Start of THE DATA

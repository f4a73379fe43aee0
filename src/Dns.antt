-- ===== src/Dns.antt =====
-- The wire format of the Domain Name System as net_lab7/DNSResolver.cpp writes and reads it: names
-- in Name, the records of a response in Answers. Proofs stand in the modules below those.
pub mod Name
pub mod Answers
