-- ===== src/Dns/Name.antt =====
-- `DNSResolver::ChangetoDnsNameFormat` and `DNSResolver::ReadName`. A pointer into `buf` is its
-- index, and a read past the end of an array is `none`. The array `tmp` is one byte shorter than its
-- text with the terminator: `strcat` writes past it, and `strlen` reads what it wrote.
pub mod Wire
pub mod Pointers
pub mod RoundTrip
pub mod Dotted
pub mod Termination
use nsu_net_course.Prelude.{
  ℕ, zero, suc, ◌+◌, ◌-◌, ◌*◌, ◌%◌, true, false, Option, none, some, [], ◌∷◌, ◌++◌, ◌==◌, ltb, leb,
  if◌then◌else◌, length, ◌>>=?◌,
}
use nsu_net_course.Kernel.{Bytes}
use nsu_net_course.Buffer.{Buffer, cell, write_at, strlen}

-- The loop over `tmp`; `label` is `tmp` from `lock` up to `i`, and the result what is written.
unfoldable pub labels : Bytes → Bytes → Bytes
labels label [] = 0 ∷ []
labels label (c ∷ cs) = elim (c == b'.') [
  | true ↦ (length label % 256) ∷ (label ++ labels [] cs)
  | false ↦ labels (label ++ (c ∷ [])) cs
]

-- `tmp` has `length host + 1` bytes, and `strcat` ends at one more. That has no meaning in C++, and a
-- known effect only if the compiler leaves the byte behind the array free, so that `room` bytes can be
-- used.
unfoldable pub change_to_dns_name_format : ℕ → Bytes → Option Bytes
unfolding labels
change_to_dns_name_format room host =
    if leb (length host + 2) room then some (labels [] (host ++ (b'.' ∷ []))) else none

abbrev pub name_size : ℕ
name_size = 256

abbrev pub buf_size : ℕ
buf_size = 65536

-- What the first loop of `ReadName` keeps: `p`, `jumped`, `*count`, the `name` array and `reader`.
pub record Scan : Type 0 where
  pub p : ℕ
  pub jumped : ℕ
  pub count : ℕ
  pub name : Buffer
  pub reader : ℕ

-- A step of the loop forward: `reader + 1`, and `*count` if there was no jump.
abbrev pub advance : Scan → Scan
advance s = record s {
  reader = suc s.reader;
  count = if s.jumped == 0 then s.count + 1 else s.count;
}

-- The body of the loop at the byte `x`. After a jump `reader` is `buffer + offset`.
unfoldable pub scan_byte : Buffer → ℕ → Scan → Option Scan
scan_byte buffer x s =
    if leb 192 x
    then (cell buf_size buffer (s.reader + 1) >>=? λ y.
        some (record s { reader = x * 256 + y - 49152; jumped = 1 }))
    else if ltb s.p name_size
    then some (advance (record s { p = suc s.p; name = write_at s.p x s.name }))
    else none

-- What a loop on fuel comes to: an end, a read or write out of bounds, or fuel used up.
pub data Ended {ℓ} (A : Type ℓ) : Type ℓ where
  done : A → Ended A
  out_of_bounds : Ended A
  out_of_fuel : Ended A

abbrev pub to_ended {ℓ} : {A : Type ℓ} → Option A → Ended A
to_ended none = out_of_bounds
to_ended (some a) = done a

infixl 6 ◌>>=!◌
abbrev pub ◌>>=!◌ {ℓ κ} : {A : Type ℓ} {B : Type κ} → Ended A → (A → Ended B) → Ended B
done a >>=! f = f a
out_of_bounds >>=! f = out_of_bounds
out_of_fuel >>=! f = out_of_fuel

unfoldable pub scan_name : ℕ → Buffer → Scan → Ended Scan
unfolding scan_byte
scan_name zero buffer s = out_of_fuel
scan_name (suc fuel) buffer s =
    let more = λ (x : ℕ). to_ended (scan_byte buffer x s) >>=! λ s'. scan_name fuel buffer s' in
    to_ended (cell buf_size buffer s.reader) >>=! λ x. elim (x == 0) [
      | true ↦ done s
      | false ↦ more x
    ]

-- The inner loop of the conversion: `p` bytes from `i + 1` on move back by one.
unfoldable pub shift_label : ℕ → ℕ → Buffer → Option (ℕ × Buffer)
shift_label zero i name = some (i, name)
shift_label (suc p) i name =
    cell name_size name (i + 1) >>=? λ x. shift_label p (i + 1) (write_at i x name)

-- The conversion from 3www6google3com to www.google.com; its fuel is the size of the array.
unfoldable pub dotted : ℕ → ℕ → Buffer → Ended (ℕ × Buffer)
dotted zero i name = out_of_fuel
dotted (suc fuel) i name =
    let next = to_ended (shift_label (name i) i name) >>=! λ r.
    if ltb r.0 name_size then dotted fuel (suc r.0) (write_at r.0 b'.' r.1) else out_of_bounds in
    to_ended (strlen name_size 0 name) >>=! λ n. elim (ltb i n) [
      | true ↦ next
      | false ↦ done (i, name)
    ]

-- The last dot becomes the end of the text.
unfoldable pub without_last_dot : ℕ × Buffer → Option Buffer
without_last_dot (i, name) =
    strlen name_size 0 name >>=? λ n. some (if ltb 0 n then write_at (i - 1) 0 name else name)

-- Each round of the scan writes a byte of `name` or jumps: with 256 bytes to write and 65536 places
-- to jump to, a scan that takes longer goes round in a circle.
unfoldable pub scan_fuel : ℕ
scan_fuel = 16842752

unfoldable pub end_name : Scan → Option Scan
end_name s =
    if ltb s.p name_size
    then some (record s {
      name = write_at s.p 0 s.name;
      count = if s.jumped == 1 then s.count + 1 else s.count;
    })
    else none

-- The `name`, in an array whose memory held `stale`, and `*count`.
unfoldable pub read_name : ℕ → Buffer → Buffer → Ended (Buffer × ℕ)
read_name reader buffer stale =
    scan_name scan_fuel buffer
      (record { p = 0; jumped = 0; count = 1; name = write_at 0 0 stale; reader = reader })
    >>=! λ s. to_ended (end_name s) >>=! λ e. dotted name_size 0 e.name >>=! λ r.
        to_ended (without_last_dot r) >>=! λ name. done (name, e.count)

End of THE DATA

▸ ACTIVITY
Restate every record word for word.

▸ SOLUTION BELOW
repository f4a73379fe43aee0
filename src/Dns.antt
-- ===== src/Dns.antt =====
-- The wire format of the Domain Name System as net_lab7/DNSResolver.cpp writes and reads it: names
-- in Name, the records of a response in Answers. Proofs stand in the modules below those.
pub mod Name
pub mod Answers
-- ===== src/Dns/Name.antt =====
-- `DNSResolver::ChangetoDnsNameFormat` and `DNSResolver::ReadName`. A pointer into `buf` is its
-- index, and a read past the end of an array is `none`. The array `tmp` is one byte shorter than its
-- text with the terminator: `strcat` writes past it, and `strlen` reads what it wrote.
pub mod Wire
pub mod Pointers
pub mod RoundTrip
pub mod Dotted
pub mod Termination
use nsu_net_course.Prelude.{
  ℕ, zero, suc, ◌+◌, ◌-◌, ◌*◌, ◌%◌, true, false, Option, none, some, [], ◌∷◌, ◌++◌, ◌==◌, ltb, leb,
  if◌then◌else◌, length, ◌>>=?◌,
}
use nsu_net_course.Kernel.{Bytes}
use nsu_net_course.Buffer.{Buffer, cell, write_at, strlen}

-- The loop over `tmp`; `label` is `tmp` from `lock` up to `i`, and the result what is written.
unfoldable pub labels : Bytes → Bytes → Bytes
labels label [] = 0 ∷ []
labels label (c ∷ cs) = elim (c == b'.') [
  | true ↦ (length label % 256) ∷ (label ++ labels [] cs)
  | false ↦ labels (label ++ (c ∷ [])) cs
]

-- `tmp` has `length host + 1` bytes, and `strcat` ends at one more. That has no meaning in C++, and a
-- known effect only if the compiler leaves the byte behind the array free, so that `room` bytes can be
-- used.
unfoldable pub change_to_dns_name_format : ℕ → Bytes → Option Bytes
unfolding labels
change_to_dns_name_format room host =
    if leb (length host + 2) room then some (labels [] (host ++ (b'.' ∷ []))) else none

abbrev pub name_size : ℕ
name_size = 256

abbrev pub buf_size : ℕ
buf_size = 65536

-- What the first loop of `ReadName` keeps: `p`, `jumped`, `*count`, the `name` array and `reader`.
pub record Scan : Type 0 where
  pub p : ℕ
  pub jumped : ℕ
  pub count : ℕ
  pub name : Buffer
  pub reader : ℕ

-- A step of the loop forward: `reader + 1`, and `*count` if there was no jump.
abbrev pub advance : Scan → Scan
advance s = record s {
  reader = suc s.reader;
  count = if s.jumped == 0 then s.count + 1 else s.count;
}

-- The body of the loop at the byte `x`. After a jump `reader` is `buffer + offset`.
unfoldable pub scan_byte : Buffer → ℕ → Scan → Option Scan
scan_byte buffer x s =
    if leb 192 x
    then (cell buf_size buffer (s.reader + 1) >>=? λ y.
        some (record s { reader = x * 256 + y - 49152; jumped = 1 }))
    else if ltb s.p name_size
    then some (advance (record s { p = suc s.p; name = write_at s.p x s.name }))
    else none

-- What a loop on fuel comes to: an end, a read or write out of bounds, or fuel used up.
pub data Ended {ℓ} (A : Type ℓ) : Type ℓ where
  done : A → Ended A
  out_of_bounds : Ended A
  out_of_fuel : Ended A

abbrev pub to_ended {ℓ} : {A : Type ℓ} → Option A → Ended A
to_ended none = out_of_bounds
to_ended (some a) = done a

infixl 6 ◌>>=!◌
abbrev pub ◌>>=!◌ {ℓ κ} : {A : Type ℓ} {B : Type κ} → Ended A → (A → Ended B) → Ended B
done a >>=! f = f a
out_of_bounds >>=! f = out_of_bounds
out_of_fuel >>=! f = out_of_fuel

unfoldable pub scan_name : ℕ → Buffer → Scan → Ended Scan
unfolding scan_byte
scan_name zero buffer s = out_of_fuel
scan_name (suc fuel) buffer s =
    let more = λ (x : ℕ). to_ended (scan_byte buffer x s) >>=! λ s'. scan_name fuel buffer s' in
    to_ended (cell buf_size buffer s.reader) >>=! λ x. elim (x == 0) [
      | true ↦ done s
      | false ↦ more x
    ]

-- The inner loop of the conversion: `p` bytes from `i + 1` on move back by one.
unfoldable pub shift_label : ℕ → ℕ → Buffer → Option (ℕ × Buffer)
shift_label zero i name = some (i, name)
shift_label (suc p) i name =
    cell name_size name (i + 1) >>=? λ x. shift_label p (i + 1) (write_at i x name)

-- The conversion from 3www6google3com to www.google.com; its fuel is the size of the array.
unfoldable pub dotted : ℕ → ℕ → Buffer → Ended (ℕ × Buffer)
dotted zero i name = out_of_fuel
dotted (suc fuel) i name =
    let next = to_ended (shift_label (name i) i name) >>=! λ r.
    if ltb r.0 name_size then dotted fuel (suc r.0) (write_at r.0 b'.' r.1) else out_of_bounds in
    to_ended (strlen name_size 0 name) >>=! λ n. elim (ltb i n) [
      | true ↦ next
      | false ↦ done (i, name)
    ]

-- The last dot becomes the end of the text.
unfoldable pub without_last_dot : ℕ × Buffer → Option Buffer
without_last_dot (i, name) =
    strlen name_size 0 name >>=? λ n. some (if ltb 0 n then write_at (i - 1) 0 name else name)

-- Each round of the scan writes a byte of `name` or jumps: with 256 bytes to write and 65536 places
-- to jump to, a scan that takes longer goes round in a circle.
unfoldable pub scan_fuel : ℕ
scan_fuel = 16842752

unfoldable pub end_name : Scan → Option Scan
end_name s =
    if ltb s.p name_size
    then some (record s {
      name = write_at s.p 0 s.name;
      count = if s.jumped == 1 then s.count + 1 else s.count;
    })
    else none

-- The `name`, in an array whose memory held `stale`, and `*count`.
unfoldable pub read_name : ℕ → Buffer → Buffer → Ended (Buffer × ℕ)
read_name reader buffer stale =
    scan_name scan_fuel buffer
      (record { p = 0; jumped = 0; count = 1; name = write_at 0 0 stale; reader = reader })
    >>=! λ s. to_ended (end_name s) >>=! λ e. dotted name_size 0 e.name >>=! λ r.
        to_ended (without_last_dot r) >>=! λ name. done (name, e.count)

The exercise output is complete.